--- Given information ---
-- ===== src/Pmm/Tests.antt =====
-- Runs of the physical memory manager (mem/pmm.c) on small machines, and its theorems at them.
use coffee_os_aurora_refresh.Base.{ℕ, ◌+◌, ◌≡◌, ◌≤◌, ◌<◌, refl, ◌-◌, arith, some, [], ◌∷◌}
use coffee_os_aurora_refresh.Base.Bits.{test_bit}
use coffee_os_aurora_refresh.Pmm.Bitmap.{bitmap_test, bitmap_clear, bitmap_test_ones}
use coffee_os_aurora_refresh.Pmm.State.{Pmm, mark_region_used, mark_region_free}
use coffee_os_aurora_refresh.Pmm.Alloc.{
  find_bit, find_word, take_page, finish_alloc, pmm_alloc_page, pmm_alloc_page_below,
}
use coffee_os_aurora_refresh.Pmm.Refs.{release_page, pmm_free_page}
use coffee_os_aurora_refresh.Pmm.Invariant.{Inv}
use coffee_os_aurora_refresh.Pmm.Lowest.{
  Outcome, pmm_alloc_page-Outcome, pmm_alloc_page_below-Outcome,
}
use coffee_os_aurora_refresh.Pmm.Steps.{alloc_page, free_page, ref_inc, ref_dec, step, run, run-Inv}
use coffee_os_aurora_refresh.Pmm.Sharing.{
  Held, Same, incs, decs, decs-incs, free_page-alloc_page-Same,
}
use coffee_os_aurora_refresh.Pmm.Reserved.{Reserved, run-Reserved}
use coffee_os_aurora_refresh.Pmm.Regions.{mark_region_bits}
use coffee_os_aurora_refresh.Pmm.Init.{MultibootInfo, BootMemory, pmm_init}
use coffee_os_aurora_refresh.Pmm.Ready.{SaneMap}
use coffee_os_aurora_refresh.Pmm.Reserve.{KernelPage}
use coffee_os_aurora_refresh.Pmm.Booted.{pmm_init_total}
use coffee_os_aurora_refresh.Pmm.Sample.{busy, busy-Inv, one_free, one_free-Inv}

alloc_finds_it : (pmm_alloc_page one_free).0 ≡ 0x25000
unfolding pmm_alloc_page finish_alloc take_page find_word find_bit test_bit run step pmm_free_page
    bitmap_test release_page bitmap_clear
alloc_finds_it = refl

-- Page 37 ends at 0x26000.
alloc_below_misses_it : (pmm_alloc_page_below one_free 0x25fff).0 ≡ 0
unfolding pmm_alloc_page_below take_page find_word find_bit test_bit run step pmm_free_page
    bitmap_test release_page bitmap_clear
alloc_below_misses_it = refl

pmm_alloc_page-Outcome_example : Outcome one_free one_free.total_pages (pmm_alloc_page one_free)
pmm_alloc_page-Outcome_example = pmm_alloc_page-Outcome one_free one_free-Inv

pmm_alloc_page_below-Outcome_example : Outcome one_free 38 (pmm_alloc_page_below one_free 0x26000)
pmm_alloc_page_below-Outcome_example = pmm_alloc_page_below-Outcome one_free 0x26000 one_free-Inv

run-Inv_example : Inv (run one_free (alloc_page ∷ ref_inc 0x25000 ∷ ref_dec 0x25000 ∷ []))
run-Inv_example =
    run-Inv one_free (alloc_page ∷ ref_inc 0x25000 ∷ ref_dec 0x25000 ∷ []) one_free-Inv

busy-Held : Held busy 37 1
busy-Held = record { managed = omega arith; in_use = bitmap_test_ones 37; refs = refl }

-- Shared twice more, so that the third release frees it.
decs-incs_example :
    ((k : ℕ) → k ≤ 2 → Held (decs k (incs 2 busy 0x25000) 0x25000) 37 (2 + 1 - k))
    × (bitmap_test (decs 3 (incs 2 busy 0x25000) 0x25000).bitmap 37 ≡ 0)
decs-incs_example = decs-incs 2 busy 0x25000 (omega arith) busy-Held

free_page-alloc_page-Same_example :
    Same (pmm_free_page (pmm_alloc_page one_free).1 (pmm_alloc_page one_free).0) one_free
free_page-alloc_page-Same_example =
    free_page-alloc_page-Same one_free one_free-Inv (rw alloc_finds_it (omega arith))

run-Reserved_example : Reserved (run busy (free_page 0x3000 ∷ alloc_page ∷ ref_inc 0x5000 ∷ [])) 3
run-Reserved_example =
    run-Reserved busy 3 (free_page 0x3000 ∷ alloc_page ∷ ref_inc 0x5000 ∷ []) busy-Inv
      (tt, (tt, (omega arith, tt)))
      (record { managed = omega arith; in_use = bitmap_test_ones 3; refs = refl })

-- The bytes [0x1800, 0x2801) lie in the pages 1 and 2.
mark_region_bits_example :
    (bitmap_test (mark_region_used busy 0x1800 0x1001).bitmap 2 ≡ 1)
    × (bitmap_test (mark_region_free busy 0x1800 0x1001).bitmap 2 ≡ 0)
mark_region_bits_example = mark_region_bits busy 0x1800 0x1001 2

-- One available region of 4 MiB at 1 MiB, in one entry of 24 bytes at 0x9000.
abbrev memory : BootMemory
memory = record {
  entry_at = λ a. record { size = 20; addr = 0x100000; len = 0x400000; kind = 1 };
  module_at = λ m. record { mod_start = 0; mod_end = 0; string = 0 };
  kernel_phys_start = 0x100000;
  kernel_phys_end = 0x180000;
  info_addr = 0x9500;
}

abbrev boot_info : MultibootInfo
boot_info = record {
  flags = 0x40;
  mem_lower = 0;
  mem_upper = 0;
  cmdline = 0;
  mods_count = 0;
  mods_addr = 0;
  mmap_length = 24;
  mmap_addr = 0x9000;
  boot_loader_name = 0;
  framebuffer_addr = 0;
  framebuffer_pitch = 0;
  framebuffer_height = 0;
}

memory-SaneMap : SaneMap memory.entry_at 0x9018
memory-SaneMap = record { no_wrap = λ a. omega arith; advances = λ a h. omega arith }

pmm_init_total_example :
    (s : Pmm) × (pmm_init 8 memory boot_info ≡ some s)
    × Inv s
    × ((q : ℕ) → s.refcount q ≡ 0)
    × ((q : ℕ) → q < s.total_pages → KernelPage memory q → Reserved s q)
pmm_init_total_example = pmm_init_total memory boot_info memory-SaneMap (omega arith)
---
**Exercise goal:** From start to finish, retype the records above with complete accuracy.

**Written solution:**
-- ===== src/Pmm/Tests.antt =====
-- Runs of the physical memory manager (mem/pmm.c) on small machines, and its theorems at them.
use coffee_os_aurora_refresh.Base.{ℕ, ◌+◌, ◌≡◌, ◌≤◌, ◌<◌, refl, ◌-◌, arith, some, [], ◌∷◌}
use coffee_os_aurora_refresh.Base.Bits.{test_bit}
use coffee_os_aurora_refresh.Pmm.Bitmap.{bitmap_test, bitmap_clear, bitmap_test_ones}
use coffee_os_aurora_refresh.Pmm.State.{Pmm, mark_region_used, mark_region_free}
use coffee_os_aurora_refresh.Pmm.Alloc.{
  find_bit, find_word, take_page, finish_alloc, pmm_alloc_page, pmm_alloc_page_below,
}
use coffee_os_aurora_refresh.Pmm.Refs.{release_page, pmm_free_page}
use coffee_os_aurora_refresh.Pmm.Invariant.{Inv}
use coffee_os_aurora_refresh.Pmm.Lowest.{
  Outcome, pmm_alloc_page-Outcome, pmm_alloc_page_below-Outcome,
}
use coffee_os_aurora_refresh.Pmm.Steps.{alloc_page, free_page, ref_inc, ref_dec, step, run, run-Inv}
use coffee_os_aurora_refresh.Pmm.Sharing.{
  Held, Same, incs, decs, decs-incs, free_page-alloc_page-Same,
}
use coffee_os_aurora_refresh.Pmm.Reserved.{Reserved, run-Reserved}
use coffee_os_aurora_refresh.Pmm.Regions.{mark_region_bits}
use coffee_os_aurora_refresh.Pmm.Init.{MultibootInfo, BootMemory, pmm_init}
use coffee_os_aurora_refresh.Pmm.Ready.{SaneMap}
use coffee_os_aurora_refresh.Pmm.Reserve.{KernelPage}
use coffee_os_aurora_refresh.Pmm.Booted.{pmm_init_total}
use coffee_os_aurora_refresh.Pmm.Sample.{busy, busy-Inv, one_free, one_free-Inv}

alloc_finds_it : (pmm_alloc_page one_free).0 ≡ 0x25000
unfolding pmm_alloc_page finish_alloc take_page find_word find_bit test_bit run step pmm_free_page
    bitmap_test release_page bitmap_clear
alloc_finds_it = refl

-- Page 37 ends at 0x26000.
alloc_below_misses_it : (pmm_alloc_page_below one_free 0x25fff).0 ≡ 0
unfolding pmm_alloc_page_below take_page find_word find_bit test_bit run step pmm_free_page
    bitmap_test release_page bitmap_clear
alloc_below_misses_it = refl

pmm_alloc_page-Outcome_example : Outcome one_free one_free.total_pages (pmm_alloc_page one_free)
pmm_alloc_page-Outcome_example = pmm_alloc_page-Outcome one_free one_free-Inv

pmm_alloc_page_below-Outcome_example : Outcome one_free 38 (pmm_alloc_page_below one_free 0x26000)
pmm_alloc_page_below-Outcome_example = pmm_alloc_page_below-Outcome one_free 0x26000 one_free-Inv

run-Inv_example : Inv (run one_free (alloc_page ∷ ref_inc 0x25000 ∷ ref_dec 0x25000 ∷ []))
run-Inv_example =
    run-Inv one_free (alloc_page ∷ ref_inc 0x25000 ∷ ref_dec 0x25000 ∷ []) one_free-Inv

busy-Held : Held busy 37 1
busy-Held = record { managed = omega arith; in_use = bitmap_test_ones 37; refs = refl }

-- Shared twice more, so that the third release frees it.
decs-incs_example :
    ((k : ℕ) → k ≤ 2 → Held (decs k (incs 2 busy 0x25000) 0x25000) 37 (2 + 1 - k))
    × (bitmap_test (decs 3 (incs 2 busy 0x25000) 0x25000).bitmap 37 ≡ 0)
decs-incs_example = decs-incs 2 busy 0x25000 (omega arith) busy-Held

free_page-alloc_page-Same_example :
    Same (pmm_free_page (pmm_alloc_page one_free).1 (pmm_alloc_page one_free).0) one_free
free_page-alloc_page-Same_example =
    free_page-alloc_page-Same one_free one_free-Inv (rw alloc_finds_it (omega arith))

run-Reserved_example : Reserved (run busy (free_page 0x3000 ∷ alloc_page ∷ ref_inc 0x5000 ∷ [])) 3
run-Reserved_example =
    run-Reserved busy 3 (free_page 0x3000 ∷ alloc_page ∷ ref_inc 0x5000 ∷ []) busy-Inv
      (tt, (tt, (omega arith, tt)))
      (record { managed = omega arith; in_use = bitmap_test_ones 3; refs = refl })

-- The bytes [0x1800, 0x2801) lie in the pages 1 and 2.
mark_region_bits_example :
    (bitmap_test (mark_region_used busy 0x1800 0x1001).bitmap 2 ≡ 1)
    × (bitmap_test (mark_region_free busy 0x1800 0x1001).bitmap 2 ≡ 0)
mark_region_bits_example = mark_region_bits busy 0x1800 0x1001 2

-- One available region of 4 MiB at 1 MiB, in one entry of 24 bytes at 0x9000.
abbrev memory : BootMemory
memory = record {
  entry_at = λ a. record { size = 20; addr = 0x100000; len = 0x400000; kind = 1 };
  module_at = λ m. record { mod_start = 0; mod_end = 0; string = 0 };
  kernel_phys_start = 0x100000;
  kernel_phys_end = 0x180000;
  info_addr = 0x9500;
}

abbrev boot_info : MultibootInfo
boot_info = record {
  flags = 0x40;
  mem_lower = 0;
  mem_upper = 0;
  cmdline = 0;
  mods_count = 0;
  mods_addr = 0;
  mmap_length = 24;
  mmap_addr = 0x9000;
  boot_loader_name = 0;
  framebuffer_addr = 0;
  framebuffer_pitch = 0;
  framebuffer_height = 0;
}

memory-SaneMap : SaneMap memory.entry_at 0x9018
memory-SaneMap = record { no_wrap = λ a. omega arith; advances = λ a h. omega arith }

pmm_init_total_example :
    (s : Pmm) × (pmm_init 8 memory boot_info ≡ some s)
    × Inv s
    × ((q : ℕ) → s.refcount q ≡ 0)
    × ((q : ℕ) → q < s.total_pages → KernelPage memory q → Reserved s q)
pmm_init_total_example = pmm_init_total memory boot_info memory-SaneMap (omega arith)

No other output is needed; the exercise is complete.